### YOUR OBJECTIVE
Word for word, copy the records that follow.

### PROVIDED INFORMATION

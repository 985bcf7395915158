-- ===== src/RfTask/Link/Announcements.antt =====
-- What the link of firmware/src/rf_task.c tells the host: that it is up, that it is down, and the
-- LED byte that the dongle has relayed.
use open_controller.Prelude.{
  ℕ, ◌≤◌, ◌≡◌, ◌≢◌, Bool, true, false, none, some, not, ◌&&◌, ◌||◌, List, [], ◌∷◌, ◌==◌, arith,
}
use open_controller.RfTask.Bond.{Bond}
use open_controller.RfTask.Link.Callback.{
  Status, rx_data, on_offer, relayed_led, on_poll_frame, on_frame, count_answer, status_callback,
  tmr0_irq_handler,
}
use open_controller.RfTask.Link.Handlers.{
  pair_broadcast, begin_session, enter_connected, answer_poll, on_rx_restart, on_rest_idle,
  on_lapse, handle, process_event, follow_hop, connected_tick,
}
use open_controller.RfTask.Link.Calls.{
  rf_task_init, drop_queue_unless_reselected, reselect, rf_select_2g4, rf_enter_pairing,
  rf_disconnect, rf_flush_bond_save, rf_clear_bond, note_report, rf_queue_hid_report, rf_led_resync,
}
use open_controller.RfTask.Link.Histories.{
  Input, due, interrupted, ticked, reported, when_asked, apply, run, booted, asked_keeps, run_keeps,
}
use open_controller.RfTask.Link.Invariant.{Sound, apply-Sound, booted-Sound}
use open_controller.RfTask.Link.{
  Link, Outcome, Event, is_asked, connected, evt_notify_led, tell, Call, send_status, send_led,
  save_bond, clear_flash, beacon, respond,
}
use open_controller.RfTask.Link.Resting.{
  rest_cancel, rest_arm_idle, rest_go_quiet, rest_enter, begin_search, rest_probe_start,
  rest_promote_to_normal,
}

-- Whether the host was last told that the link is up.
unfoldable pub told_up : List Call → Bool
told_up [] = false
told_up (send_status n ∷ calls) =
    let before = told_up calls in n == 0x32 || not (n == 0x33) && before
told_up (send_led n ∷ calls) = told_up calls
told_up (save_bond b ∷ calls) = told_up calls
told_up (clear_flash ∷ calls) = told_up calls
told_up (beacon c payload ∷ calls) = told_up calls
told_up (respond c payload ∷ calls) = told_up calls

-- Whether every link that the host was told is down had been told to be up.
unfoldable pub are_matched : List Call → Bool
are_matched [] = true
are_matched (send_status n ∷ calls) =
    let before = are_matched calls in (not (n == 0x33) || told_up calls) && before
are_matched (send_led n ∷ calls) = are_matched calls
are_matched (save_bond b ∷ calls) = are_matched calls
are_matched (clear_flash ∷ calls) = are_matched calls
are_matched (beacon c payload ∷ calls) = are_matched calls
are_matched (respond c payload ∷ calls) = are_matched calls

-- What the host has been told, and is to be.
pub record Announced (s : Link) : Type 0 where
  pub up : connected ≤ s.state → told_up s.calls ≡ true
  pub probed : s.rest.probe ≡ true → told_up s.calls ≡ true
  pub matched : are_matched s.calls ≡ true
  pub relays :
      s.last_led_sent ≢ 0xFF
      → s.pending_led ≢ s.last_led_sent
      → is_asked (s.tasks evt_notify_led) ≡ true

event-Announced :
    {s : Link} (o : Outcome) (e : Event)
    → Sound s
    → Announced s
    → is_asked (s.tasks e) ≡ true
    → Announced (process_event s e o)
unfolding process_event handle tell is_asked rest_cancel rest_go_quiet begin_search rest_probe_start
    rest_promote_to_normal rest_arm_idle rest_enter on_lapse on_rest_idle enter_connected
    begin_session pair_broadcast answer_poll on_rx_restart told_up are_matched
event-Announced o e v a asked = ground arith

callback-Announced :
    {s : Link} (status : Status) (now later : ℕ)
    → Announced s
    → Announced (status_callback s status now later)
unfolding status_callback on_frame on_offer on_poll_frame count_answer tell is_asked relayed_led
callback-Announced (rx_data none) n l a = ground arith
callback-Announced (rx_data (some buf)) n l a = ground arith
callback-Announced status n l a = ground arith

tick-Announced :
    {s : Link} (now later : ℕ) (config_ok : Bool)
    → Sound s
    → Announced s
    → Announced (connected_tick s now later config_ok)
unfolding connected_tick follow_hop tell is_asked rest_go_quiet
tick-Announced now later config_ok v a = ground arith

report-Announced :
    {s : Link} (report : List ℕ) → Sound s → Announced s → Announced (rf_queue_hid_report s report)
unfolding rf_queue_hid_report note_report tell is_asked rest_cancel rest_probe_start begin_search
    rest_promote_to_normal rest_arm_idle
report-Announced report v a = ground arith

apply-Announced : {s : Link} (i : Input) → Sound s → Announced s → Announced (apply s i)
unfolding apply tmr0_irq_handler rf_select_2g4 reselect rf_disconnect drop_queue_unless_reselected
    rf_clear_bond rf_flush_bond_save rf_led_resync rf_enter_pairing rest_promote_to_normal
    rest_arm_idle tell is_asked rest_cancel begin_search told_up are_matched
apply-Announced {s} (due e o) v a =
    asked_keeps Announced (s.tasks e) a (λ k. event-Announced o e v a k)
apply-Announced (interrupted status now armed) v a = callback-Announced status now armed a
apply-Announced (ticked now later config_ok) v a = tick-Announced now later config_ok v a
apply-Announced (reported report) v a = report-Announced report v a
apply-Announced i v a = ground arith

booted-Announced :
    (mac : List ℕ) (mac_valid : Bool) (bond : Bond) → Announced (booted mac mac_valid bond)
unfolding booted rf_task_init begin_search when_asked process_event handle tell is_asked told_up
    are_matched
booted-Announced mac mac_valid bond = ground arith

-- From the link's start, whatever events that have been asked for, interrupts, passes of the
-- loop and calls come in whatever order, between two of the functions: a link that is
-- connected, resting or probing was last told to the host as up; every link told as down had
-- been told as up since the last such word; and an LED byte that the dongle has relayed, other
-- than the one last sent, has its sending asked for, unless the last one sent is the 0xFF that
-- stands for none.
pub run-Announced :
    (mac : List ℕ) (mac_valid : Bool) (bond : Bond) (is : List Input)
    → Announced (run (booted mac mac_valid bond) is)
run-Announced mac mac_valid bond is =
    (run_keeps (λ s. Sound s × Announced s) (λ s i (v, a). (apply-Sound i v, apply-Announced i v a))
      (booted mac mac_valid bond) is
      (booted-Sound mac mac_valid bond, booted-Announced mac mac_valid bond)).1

### EXERCISE SOLUTION
repository 985bcf7395915158
-- ===== src/RfTask/Link/Announcements.antt =====
-- What the link of firmware/src/rf_task.c tells the host: that it is up, that it is down, and the
-- LED byte that the dongle has relayed.
use open_controller.Prelude.{
  ℕ, ◌≤◌, ◌≡◌, ◌≢◌, Bool, true, false, none, some, not, ◌&&◌, ◌||◌, List, [], ◌∷◌, ◌==◌, arith,
}
use open_controller.RfTask.Bond.{Bond}
use open_controller.RfTask.Link.Callback.{
  Status, rx_data, on_offer, relayed_led, on_poll_frame, on_frame, count_answer, status_callback,
  tmr0_irq_handler,
}
use open_controller.RfTask.Link.Handlers.{
  pair_broadcast, begin_session, enter_connected, answer_poll, on_rx_restart, on_rest_idle,
  on_lapse, handle, process_event, follow_hop, connected_tick,
}
use open_controller.RfTask.Link.Calls.{
  rf_task_init, drop_queue_unless_reselected, reselect, rf_select_2g4, rf_enter_pairing,
  rf_disconnect, rf_flush_bond_save, rf_clear_bond, note_report, rf_queue_hid_report, rf_led_resync,
}
use open_controller.RfTask.Link.Histories.{
  Input, due, interrupted, ticked, reported, when_asked, apply, run, booted, asked_keeps, run_keeps,
}
use open_controller.RfTask.Link.Invariant.{Sound, apply-Sound, booted-Sound}
use open_controller.RfTask.Link.{
  Link, Outcome, Event, is_asked, connected, evt_notify_led, tell, Call, send_status, send_led,
  save_bond, clear_flash, beacon, respond,
}
use open_controller.RfTask.Link.Resting.{
  rest_cancel, rest_arm_idle, rest_go_quiet, rest_enter, begin_search, rest_probe_start,
  rest_promote_to_normal,
}

-- Whether the host was last told that the link is up.
unfoldable pub told_up : List Call → Bool
told_up [] = false
told_up (send_status n ∷ calls) =
    let before = told_up calls in n == 0x32 || not (n == 0x33) && before
told_up (send_led n ∷ calls) = told_up calls
told_up (save_bond b ∷ calls) = told_up calls
told_up (clear_flash ∷ calls) = told_up calls
told_up (beacon c payload ∷ calls) = told_up calls
told_up (respond c payload ∷ calls) = told_up calls

-- Whether every link that the host was told is down had been told to be up.
unfoldable pub are_matched : List Call → Bool
are_matched [] = true
are_matched (send_status n ∷ calls) =
    let before = are_matched calls in (not (n == 0x33) || told_up calls) && before
are_matched (send_led n ∷ calls) = are_matched calls
are_matched (save_bond b ∷ calls) = are_matched calls
are_matched (clear_flash ∷ calls) = are_matched calls
are_matched (beacon c payload ∷ calls) = are_matched calls
are_matched (respond c payload ∷ calls) = are_matched calls

-- What the host has been told, and is to be.
pub record Announced (s : Link) : Type 0 where
  pub up : connected ≤ s.state → told_up s.calls ≡ true
  pub probed : s.rest.probe ≡ true → told_up s.calls ≡ true
  pub matched : are_matched s.calls ≡ true
  pub relays :
      s.last_led_sent ≢ 0xFF
      → s.pending_led ≢ s.last_led_sent
      → is_asked (s.tasks evt_notify_led) ≡ true

event-Announced :
    {s : Link} (o : Outcome) (e : Event)
    → Sound s
    → Announced s
    → is_asked (s.tasks e) ≡ true
    → Announced (process_event s e o)
unfolding process_event handle tell is_asked rest_cancel rest_go_quiet begin_search rest_probe_start
    rest_promote_to_normal rest_arm_idle rest_enter on_lapse on_rest_idle enter_connected
    begin_session pair_broadcast answer_poll on_rx_restart told_up are_matched
event-Announced o e v a asked = ground arith

callback-Announced :
    {s : Link} (status : Status) (now later : ℕ)
    → Announced s
    → Announced (status_callback s status now later)
unfolding status_callback on_frame on_offer on_poll_frame count_answer tell is_asked relayed_led
callback-Announced (rx_data none) n l a = ground arith
callback-Announced (rx_data (some buf)) n l a = ground arith
callback-Announced status n l a = ground arith

tick-Announced :
    {s : Link} (now later : ℕ) (config_ok : Bool)
    → Sound s
    → Announced s
    → Announced (connected_tick s now later config_ok)
unfolding connected_tick follow_hop tell is_asked rest_go_quiet
tick-Announced now later config_ok v a = ground arith

report-Announced :
    {s : Link} (report : List ℕ) → Sound s → Announced s → Announced (rf_queue_hid_report s report)
unfolding rf_queue_hid_report note_report tell is_asked rest_cancel rest_probe_start begin_search
    rest_promote_to_normal rest_arm_idle
report-Announced report v a = ground arith

apply-Announced : {s : Link} (i : Input) → Sound s → Announced s → Announced (apply s i)
unfolding apply tmr0_irq_handler rf_select_2g4 reselect rf_disconnect drop_queue_unless_reselected
    rf_clear_bond rf_flush_bond_save rf_led_resync rf_enter_pairing rest_promote_to_normal
    rest_arm_idle tell is_asked rest_cancel begin_search told_up are_matched
apply-Announced {s} (due e o) v a =
    asked_keeps Announced (s.tasks e) a (λ k. event-Announced o e v a k)
apply-Announced (interrupted status now armed) v a = callback-Announced status now armed a
apply-Announced (ticked now later config_ok) v a = tick-Announced now later config_ok v a
apply-Announced (reported report) v a = report-Announced report v a
apply-Announced i v a = ground arith

booted-Announced :
    (mac : List ℕ) (mac_valid : Bool) (bond : Bond) → Announced (booted mac mac_valid bond)
unfolding booted rf_task_init begin_search when_asked process_event handle tell is_asked told_up
    are_matched
booted-Announced mac mac_valid bond = ground arith

-- From the link's start, whatever events that have been asked for, interrupts, passes of the
-- loop and calls come in whatever order, between two of the functions: a link that is
-- connected, resting or probing was last told to the host as up; every link told as down had
-- been told as up since the last such word; and an LED byte that the dongle has relayed, other
-- than the one last sent, has its sending asked for, unless the last one sent is the 0xFF that
-- stands for none.
pub run-Announced :
    (mac : List ℕ) (mac_valid : Bool) (bond : Bond) (is : List Input)
    → Announced (run (booted mac mac_valid bond) is)
run-Announced mac mac_valid bond is =
    (run_keeps (λ s. Sound s × Announced s) (λ s i (v, a). (apply-Sound i v, apply-Announced i v a))
      (booted mac mac_valid bond) is
      (booted-Sound mac mac_valid bond, booted-Announced mac mac_valid bond)).1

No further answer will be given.